L’acétamipride, un insecticide de la famille des néonicotinoïdes, est au cœur d’un débat en France concernant sa réautorisation. Interdit depuis 2018 en raison de ses effets néfastes sur les abeilles et l’environnement, ce produit pourrait être réintroduit sous certaines conditions grâce à la proposition de loi Duplomb. Cette loi vise à lever les contraintes pour les agriculteurs, mais elle est controversée en raison des risques environnementaux et sanitaires associés à l’acétamipride.
En agriculture, les insecticides et les pesticides jouent un rôle crucial dans la protection des cultures contre divers organismes nuisibles qui peuvent compromettre la qualité et le rendement des récoltes. Les insecticides sont spécifiquement conçus pour cibler et éliminer les insectes ravageurs, tels que les pucerons, les chenilles et les coléoptères, qui se nourrissent des plantes, endommageant ainsi les feuilles, les tiges et les fruits. En contrôlant ces populations d’insectes, les insecticides aident à prévenir les pertes économiques significatives pour les agriculteurs et contribuent à assurer une production alimentaire stable.
Pesticides et insecticides à quoi ça sert
Les pesticides, quant à eux, ont un spectre d’action plus large et sont utilisés pour lutter contre une variété d’organismes nuisibles, y compris les insectes, les champignons, les mauvaises herbes et les rongeurs. Les fongicides, par exemple, sont un type de pesticide qui protège les cultures contre les maladies fongiques, tandis que les herbicides sont utilisés pour éliminer les mauvaises herbes qui concurrencent les cultures pour les nutriments, l’eau et la lumière. En réduisant la pression exercée par ces organismes nuisibles, les pesticides permettent aux cultures de croître dans des conditions optimales, améliorant ainsi leur santé et leur productivité.

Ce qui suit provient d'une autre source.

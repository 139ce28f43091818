-- ===== src/Examples/Runs.antt =====
-- A run of the server on one status file: a camera reports, a player asks for a local stream, the
-- alarm resets the file, and the process is started again.
use live_streamer.Common.{List, ◌≡◌, refl, [], ◌∷◌, true, false, none, some, arith}
use live_streamer.Text.{Text, codes, text_eq, c_string}
use live_streamer.Buffer.{max_data_size}
use live_streamer.Machine.{ok}
use live_streamer.Files.{Files, write}
use live_streamer.Sockets.{bytes}
use live_streamer.StreamerServer.State.{State, on_files}
use live_streamer.StreamerServer.Json.{address, status_key, action_key}
use live_streamer.StreamerServer.Json.Effect.{current}
use live_streamer.StreamerServer.Comm.{receive, msg_parse}
use live_streamer.StreamerServer.Comm.Reply.{answered}
use live_streamer.StreamerServer.Player
use live_streamer.StreamerServer.Player.{ws_service_callback}
use live_streamer.StreamerServer.Player.Requests.{requested}
use live_streamer.StreamerServer.Trigger.{switch_off_all}
use live_streamer.StreamerServer.Threads.{entered}
use live_streamer.StreamerServer.Registry.{IsRecord, IsRegistry, write-IsRegistry}
use live_streamer.StreamerServer.Registry.Handlers.{IsSound}
use live_streamer.StreamerServer.Registry.Runs
use live_streamer.StreamerServer.Registry.Runs.{
  booted, Reaches, here, next, connects, hears, resets, Reaches-IsSound, msg_parse_answers,
  ws_service_callback_answers,
}
use live_streamer.StreamerServer.Comm.{action_text}
use live_streamer.StreamerServer.Comm.Reply.{accepts}
use live_streamer.StreamerServer.Registry.Board.{
  Input, arrival, report, ask, pin, next_board, with_answer, board_after, answers_to, IsName,
  ShowsBoard,
}
use live_streamer.StreamerServer.Registry.Deeds.{
  Deed, connection, message, said, carry_out, Means, arrives, reports, asks, idle, serves,
}
use live_streamer.StreamerServer.Registry.Refines.{carry_out-ShowsBoard}
use live_streamer.StreamerClient.Comm.{status_text}
use live_streamer.Examples.PlainJson.{Members, lookup, parse, plain_json, plain_json-ReadsMessages}
use live_streamer.Examples.States.{cam, cam_record}

abbrev no_files : Files Members
no_files = record { at = λ q. none; writable = λ q. true }

abbrev files : Files Members
files = write no_files (address cam) cam_record

cam_record-IsRecord : IsRecord (address cam) cam_record
unfolding codes text_eq lookup
cam_record-IsRecord = record {
  is_object = refl;
  stream = cam;
  names_stream = refl;
  at_address = refl;
  has_status = (codes "off", refl);
  has_action = (codes "live", refl);
}

files-IsRegistry : IsRegistry files.writable files
files-IsRegistry =
    write-IsRegistry (λ q. true) no_files (address cam) cam_record cam_record-IsRecord
      (record { all_records = λ p o e. absurd cc; same_rights = refl })

abbrev request : Text
request = codes "{\"streamId\":\"cam\",\"action\":\"local\"}"

abbrev connected : State Members
connected = entered 5 (booted files)

abbrev asked : State Members
asked = (ws_service_callback (λ t. some 0) (some 9) Player.receive (some request) connected).1

abbrev reset : State Members
reset =
    (on_files (switch_off_all (record { d_name = codes "cam.json"; is_dir = false } ∷ [])) asked).1

abbrev reported : State Members
reported = (receive (bytes (status_text cam (codes "ready"))) reset).1

run : Reaches (booted files) reported
run =
    next
      (next
        (next (next here (connects 5))
          (Runs.asks (λ t. some 0) (some 9) Player.receive (some request)))
        (resets (record { d_name = codes "cam.json"; is_dir = false } ∷ [])))
      (hears (bytes (status_text cam (codes "ready"))))

Reaches-IsSound_example : IsSound files.writable reported
Reaches-IsSound_example = Reaches-IsSound files reported files-IsRegistry run

msg_parse_answers_example :
    (action : Text) × (plain_json.get_ex (current reported.files cam) action_key
      ≡ some (some action))
    × (msg_parse (status_text cam (codes "live")) reported
        ≡ (ok tt, answered reported cam (codes "live") action))
unfolding codes
msg_parse_answers_example =
    let r = plain_json-ReadsMessages.reads_status cam (codes "live") (omega arith) (omega arith) in
    msg_parse_answers files reported (λ p. refl) files-IsRegistry run
      (status_text cam (codes "live")) r.object cam r.parsed r.has_id (codes "live") r.has_value

ws_service_callback_answers_example :
    (status : Text) × (plain_json.get_ex (current reported.files cam) status_key
      ≡ some (some status))
    × (ws_service_callback (λ t. some 0) (some 9) Player.receive (some request) reported
        ≡ (ok 0, requested reported 9 cam (codes "local") status))
unfolding parse codes text_eq lookup
ws_service_callback_answers_example =
    ws_service_callback_answers files reported (λ p. refl) files-IsRegistry run request
      ((codes "streamId", cam) ∷ (codes "action", codes "local") ∷ []) cam refl refl (λ t. some 0) 9
      (codes "local") refl

cam-IsName : IsName cam
unfolding codes
cam-IsName = record { is_c_string = omega arith; is_short = omega arith }

-- A board kept from an empty directory on: the camera connects, and a player asks for "local".
abbrev met : State Members
met = (carry_out (λ t. some 0) (connection 5) (booted no_files)).1

abbrev told : State Members
told = (carry_out (λ t. some 0) (Deed.request 9 request) met).1

asks_local : Means met (Deed.request 9 request) (ask cam (codes "local"))
unfolding parse codes text_eq lookup
asks_local = asks 9 request cam (codes "local") (record {
  object = (codes "streamId", cam) ∷ (codes "action", codes "local") ∷ [];
  parsed = refl;
  has_id = refl;
  has_value = refl;
  id-IsName = cam-IsName;
  value-IsWord = record { is_c_string = omega arith; is_short = omega arith };
})

reports_ready : Means told (message (status_text cam (codes "ready"))) (report cam (codes "ready"))
unfolding parse codes text_eq lookup status_text c_string max_data_size
reports_ready =
    reports (status_text cam (codes "ready")) cam (codes "ready") (omega arith) (record {
      object = (codes "streamId", cam) ∷ (codes "status", codes "ready") ∷ [];
      parsed = refl;
      has_id = refl;
      has_value = refl;
      id-IsName = cam-IsName;
      value-IsWord = record { is_c_string = omega arith; is_short = omega arith };
    })

abbrev inputs : List Input
inputs = report cam (codes "ready") ∷ ask cam (codes "local") ∷ arrival ∷ []

carry_out-ShowsBoard_example :
    let (o, s') = carry_out (λ t. some 0) (message (status_text cam (codes "ready"))) told in
    (o ≡ ok tt)
    × ShowsBoard s'.files (board_after inputs)
    × (said s'.log ≡ action_text cam (codes "local") ∷ codes "ACK" ∷ [])
unfolding answers_to with_answer board_after next_board pin accepts codes text_eq
carry_out-ShowsBoard_example =
    carry_out-ShowsBoard no_files (λ p. refl) (λ p. refl) (λ t. some 0)
      (message (status_text cam (codes "ready"))) (report cam (codes "ready"))
      (serves (serves idle (arrives 5)) asks_local) reports_ready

Cependant, l’utilisation d’insecticides et de pesticides doit être soigneusement gérée pour minimiser les impacts négatifs sur l’environnement et la santé humaine. Une utilisation excessive ou inappropriée peut entraîner la contamination des sols et des eaux, nuire aux organismes non ciblés, y compris les pollinisateurs bénéfiques comme les abeilles, et contribuer au développement de résistances chez les ravageurs. Par conséquent, les pratiques agricoles modernes encouragent une approche intégrée de la gestion des nuisibles, combinant l’utilisation judicieuse de produits chimiques avec des méthodes biologiques, culturelles et physiques pour assurer une agriculture durable et respectueuse de l’environnement.
L’acétamipride : l’ennemi des abeilles
L’acétamipride est extrêmement toxique pour les abeilles. Une dose de quelques microgrammes suffit pour tuer la moitié d’une colonie en 48 heures. Il est également persistant dans l’environnement, avec une demi-vie de 420 jours dans l’eau, ce qui signifie qu’il peut contaminer les cours d’eau et les sols pendant de longues périodes. De plus, il a la capacité d’imprégner toute la structure des plantes, des racines aux fleurs, ce qui augmente son potentiel de contamination.

Des études ont révélé des traces de dérivés de l’acétamipride dans l’urine de nouveau-nés, soulevant des inquiétudes sur ses effets sur la santé humaine. En 2012, près de sept tonnes de cet insecticide étaient vendues en France, malgré son interdiction ultérieure. Cette quantité importante montre l’ampleur de son utilisation avant son interdiction.
Certains secteurs agricoles, comme la production de noisettes, sont fortement dépendants de cet insecticide. Par exemple, la coopérative Unicoque, qui représente les trois quarts de la production française de noisettes, a enregistré 50 % de pertes en 2024 en raison d’invasions de balanin, un insecte ravageur. D’autres secteurs, comme celui de la betterave, ont également subi des pertes significatives depuis l’interdiction des néonicotinoïdes.
Cependant, des alternatives aux néonicotinoïdes existent. Des pratiques culturales différentes, des solutions techniques comme des pièges à odeur, et des produits moins toxiques peuvent être mis en place. L’Agence nationale de sécurité sanitaire (Anses) a identifié 22 produits ou méthodes de substitution aux néonicotinoïdes, montrant qu’une transition vers d’autres pratiques est possible.
La réautorisation de l’acétamipride soulève donc des questions importantes sur les risques pour l’environnement et la santé humaine, ainsi que sur la dépendance de certains secteurs agricoles. Il est crucial de peser ces risques contre les bénéfices potentiels pour les agriculteurs et de considérer les alternatives disponibles pour une agriculture plus durable.